What is the optimal relational database design for storing an unknown number of similar but unique entities

Question

The database we are designing allows users to authenticate with multiple 3rd party services, mostly social media (twitter, facebook, etc). There will be an unknown and growing number of these services. Each service requires a unique set of data for authentication that is not standard with the other services.

One user may authenticate many services, but they may only authenticate with one of each type of service.

Possible Solutions:

A) The most direct solution to this issue is to simply add a column for each service to the user table which contains the JSON authentication for that service. However, this violates normalization by leaving a large number of nulls in the database. What happens when there are 50 of these integrations for instance?

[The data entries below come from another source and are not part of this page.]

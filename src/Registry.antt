-- ===== src/Registry.antt =====
-- crates/sdk/src/registry.rs: the functions that a worker was given, by name.
-- `Act` is the type of an activity function.
use durabletask_rs.Prelude.{String, Option, string_eq}
use durabletask_rs.Prelude.HashMap.{HashMap, lookup, insert}
use durabletask_rs.Types.Function.{OrchestratorFunction}

pub record Registry (Act : Type 0) : Type 0 where
  pub orchestrators : HashMap String OrchestratorFunction
  pub activities : HashMap String Act

module _ {Act : Type 0} where
  unfoldable pub add_orchestrator : Registry Act → String → OrchestratorFunction → Registry Act
  unfolding insert
  add_orchestrator r name func = record r { orchestrators = insert name func r.orchestrators }

  unfoldable pub add_activity : Registry Act → String → Act → Registry Act
  unfolding insert
  add_activity r name func = record r { activities = insert name func r.activities }

  unfoldable pub get_orchestrator : Registry Act → String → Option OrchestratorFunction
  unfolding lookup
  get_orchestrator r name = lookup name r.orchestrators

  unfoldable pub get_activity : Registry Act → String → Option Act
  unfolding lookup
  get_activity r name = lookup name r.activities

B) Each service gets its own table in the database. JSON is no longer needed as each field can be properly described. Then a lookup table is needed "user_has_service" for each service. This is a table which contains only two foreign keys, one for the user and one for the service, linking them together. This option seems the most correct but is very inefficient and will take many operations to determine what services a user has, increasing with the number of services. I believe also in this case, the ID field for the lookup table would need to be some kind of hash of the user and service together so that duplicate inserts are not possible.

Not at all a database expert and I have been grappling with this one for quite a while. Any thoughts?

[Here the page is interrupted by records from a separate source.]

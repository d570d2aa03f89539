-- ===== src/Executor/Context.antt =====
-- `OrchestrationExecutorContext` of executor.rs, and how it takes what an orchestrator sent.
use durabletask_rs.Prelude.{
  ℕ, String, Bool, false, Option, none, some, List, [], ◌∷◌, ◌++◌, if◌then◌else◌, string_eq, get_or,
  set,
}
use durabletask_rs.Prelude.Int.{ℤ, pos, int_eq, i32_succ, is_pos}
use durabletask_rs.Prelude.HashMap.{HashMap, lookup, insert, remove, values}
use durabletask_rs.Proto.{Timestamp, OrchestrationStatus, OrchestratorAction}
use durabletask_rs.Types.Context.{Host, OrchestratorContext, Events}
use durabletask_rs.Types.Async.{Async}
use durabletask_rs.Types.Function.{OrchestratorResult}

-- The future of an orchestrator, with the three channels that it sends on: the executor stores their
-- receivers at the moment it stores the future. `code` is `none` once the future has returned.
pub record Orchestrator : Type 0 where
  pub code : Option (Async (OrchestratorResult String))
  pub octx : OrchestratorContext

-- `orchestrator_fn` stands for the fields `orchestrator_fn`, `action_rx`, `task_rx` and `events_rx`.
-- `channels` holds the oneshot channels that `pending_tasks` and `pending_events` have senders of.
-- `completion_status` is `none` for the default.
pub record OrchestrationExecutorContext (Chan : Type 0) : Type 0 where
  pub is_replaying : Bool
  pub is_complete : Bool
  pub sequence_number : ℤ
  pub current_time_utc : Timestamp
  pub pending_actions : HashMap ℤ OrchestratorAction
  pub pending_tasks : HashMap ℤ ℕ
  pub received_events : Events
  pub pending_events : HashMap String (List ℕ)
  pub orchestrator_fn : Option Orchestrator
  pub completion_status : Option OrchestrationStatus
  pub channels : List Chan

module _ {Chan : Type 0} where
  -- `OrchestrationExecutorContext::new`
  unfoldable pub new_executor_context : OrchestrationExecutorContext Chan
  new_executor_context = record {
    is_replaying = false;
    is_complete = false;
    sequence_number = pos 0;
    current_time_utc = record { seconds = pos 0; nanos = pos 0 };
    pending_actions = [];
    pending_tasks = [];
    received_events = [];
    pending_events = [];
    orchestrator_fn = none;
    completion_status = none;
    channels = [];
  }

  unfoldable pub next_sequence_number :
      OrchestrationExecutorContext Chan → ℤ × OrchestrationExecutorContext Chan
  unfolding i32_succ
  next_sequence_number ctx =
      let n = i32_succ ctx.sequence_number in (n, record ctx { sequence_number = n })

  -- In the order of the model's list: a `HashMap` iterates in an order of its own, so that several
  -- actions are to be read up to order.
  unfoldable pub get_actions : OrchestrationExecutorContext Chan → List OrchestratorAction
  unfolding values
  get_actions ctx = values ctx.pending_actions

  unfoldable pub set_complete :
      OrchestrationStatus → OrchestrationExecutorContext Chan → OrchestrationExecutorContext Chan
  set_complete status ctx =
      if ctx.is_complete then ctx else record ctx { completion_status = some status }

  unfoldable pub insert_action :
      ℤ → OrchestratorAction → OrchestrationExecutorContext Chan → OrchestrationExecutorContext Chan
  unfolding insert
  insert_action id action ctx = record ctx {
    pending_actions = insert id action ctx.pending_actions;
  }

  -- `ctx.pending_actions.remove(&task_id)`, at an event that acknowledges an action.
  unfoldable pub acknowledge :
      ℤ → OrchestrationExecutorContext Chan → OrchestrationExecutorContext Chan
  unfolding remove
  acknowledge id ctx = record ctx { pending_actions = remove id ctx.pending_actions }

  -- The loop over `action_rx` in `process_events`.
  unfoldable pub drain_actions :
      List (ℤ × OrchestratorAction)
      → OrchestrationExecutorContext Chan
      → OrchestrationExecutorContext Chan
  unfolding insert_action
  drain_actions [] ctx = ctx
  drain_actions ((n, action) ∷ rest) ctx =
      let ctx' = insert_action n action ctx in
      drain_actions rest
        (record ctx' { sequence_number = if is_pos n then n else ctx.sequence_number })

-- An orchestrator whose three channels were emptied.
abbrev pub take_sent : Orchestrator → Orchestrator
take_sent o = record o { octx = record o.octx { actions_tx = []; tasks_tx = []; events_tx = [] } }

-- The queue at a name, made empty where there is none.
abbrev pub or_empty : {A : Type 0} → Option (List A) → List A
or_empty none = []
or_empty (some xs) = xs

-- `push_back` on the queue at a name.
unfoldable pub push_back :
    {A : Type 0} → String → A → HashMap String (List A) → HashMap String (List A)
unfolding insert lookup
push_back name a queues = insert name (or_empty (lookup name queues) ++ a ∷ []) queues

module _ {Chan : Type 0} where
  -- The loop over `events_rx`.
  unfoldable pub drain_events :
      List (String × ℕ) → OrchestrationExecutorContext Chan → OrchestrationExecutorContext Chan
  unfolding push_back
  drain_events [] ctx = ctx
  drain_events ((name, task) ∷ rest) ctx =
      drain_events rest (record ctx { pending_events = push_back name task ctx.pending_events })

module _ {Chan : Type 0} (host : Host Chan) where
  abbrev pub drop_sender : Option ℕ → List Chan → List Chan
  drop_sender none channels = channels
  drop_sender (some i) channels =
      set channels i (host.oneshot.drop_sender (get_or channels i host.oneshot.channel))

  -- The loop over `task_rx`: a sender that is replaced is dropped.
  unfoldable pub drain_tasks :
      List (ℤ × ℕ) → OrchestrationExecutorContext Chan → OrchestrationExecutorContext Chan
  unfolding insert lookup
  drain_tasks [] ctx = ctx
  drain_tasks ((n, task) ∷ rest) ctx = drain_tasks rest (record ctx {
    pending_tasks = insert n task ctx.pending_tasks;
    channels = drop_sender (lookup n ctx.pending_tasks) ctx.channels;
  })

  abbrev pub drain_from :
      Option Orchestrator → OrchestrationExecutorContext Chan → OrchestrationExecutorContext Chan
  drain_from none ctx = ctx
  drain_from (some o) ctx =
      let ctx₁ = drain_actions o.octx.actions_tx ctx in
      let ctx₂ = drain_tasks o.octx.tasks_tx ctx₁ in
      let ctx₃ = drain_events o.octx.events_tx ctx₂ in
      record ctx₃ { orchestrator_fn = some (take_sent o) }

  -- The three loops that follow each event.
  unfoldable pub drain : OrchestrationExecutorContext Chan → OrchestrationExecutorContext Chan
  unfolding drain_actions drain_tasks drain_events
  drain ctx = drain_from ctx.orchestrator_fn ctx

Possible duplicate of [How can you represent inheritance in a database?](https://stackoverflow.com/questions/3579079/how-can-you-represent-inheritance-in-a-database) — philipxy, Oct 11 '19 at 03:03
@philipxy No it is not. 1) data should be viewed; analysed; designed through data analysis & the *Relational Model*, not through the myopic non-data lens of OO. 2) Nevertheless, in simple terms, OO inheritance translates to Relational Subtypes. 3) This question has nothing to do with OO inheritance (although OO inheritance or any other OO boondogle can be applied to it), there is no OO inheritance here. The inheritance (English, math, Codd definition, not the OO definition) here lies in the Relational Key: refer my answer. — PerformanceDBA, Oct 17 '19 at 01:29
@PerformanceDBA The linked question uses the word "inheritance" but it & its answers are about dealing with subtypes relationally. (Although inheritance happens to involve special cases of subtyping.) — philipxy, Oct 17 '19 at 01:50
@philipxy. Yes, I know. The only type of OO inheritance that is applicable in a database context is Subtypes, and that is absent in this question. Which is why this Q is not a dupe of that Q. Please read my comment again. — PerformanceDBA, Oct 17 '19 at 08:23

PerformanceDBA · Accepted Answer · 2019-11-17T22:21:14.970

A) The most direct solution ... JSON

You are right, option A is grossly incorrect. It breaks Codds' First Normal Form, thus it is not Relational. NULL in the database is an indication of incomplete Normalisation, which leads to complex SQL code. To be avoided at all costs.

similar but unique

To be clear, that they are unique to the Service is true. That {LoginName; UserName; Email; UserId; etc} are all similar is true in the implementation sense only, not in the data.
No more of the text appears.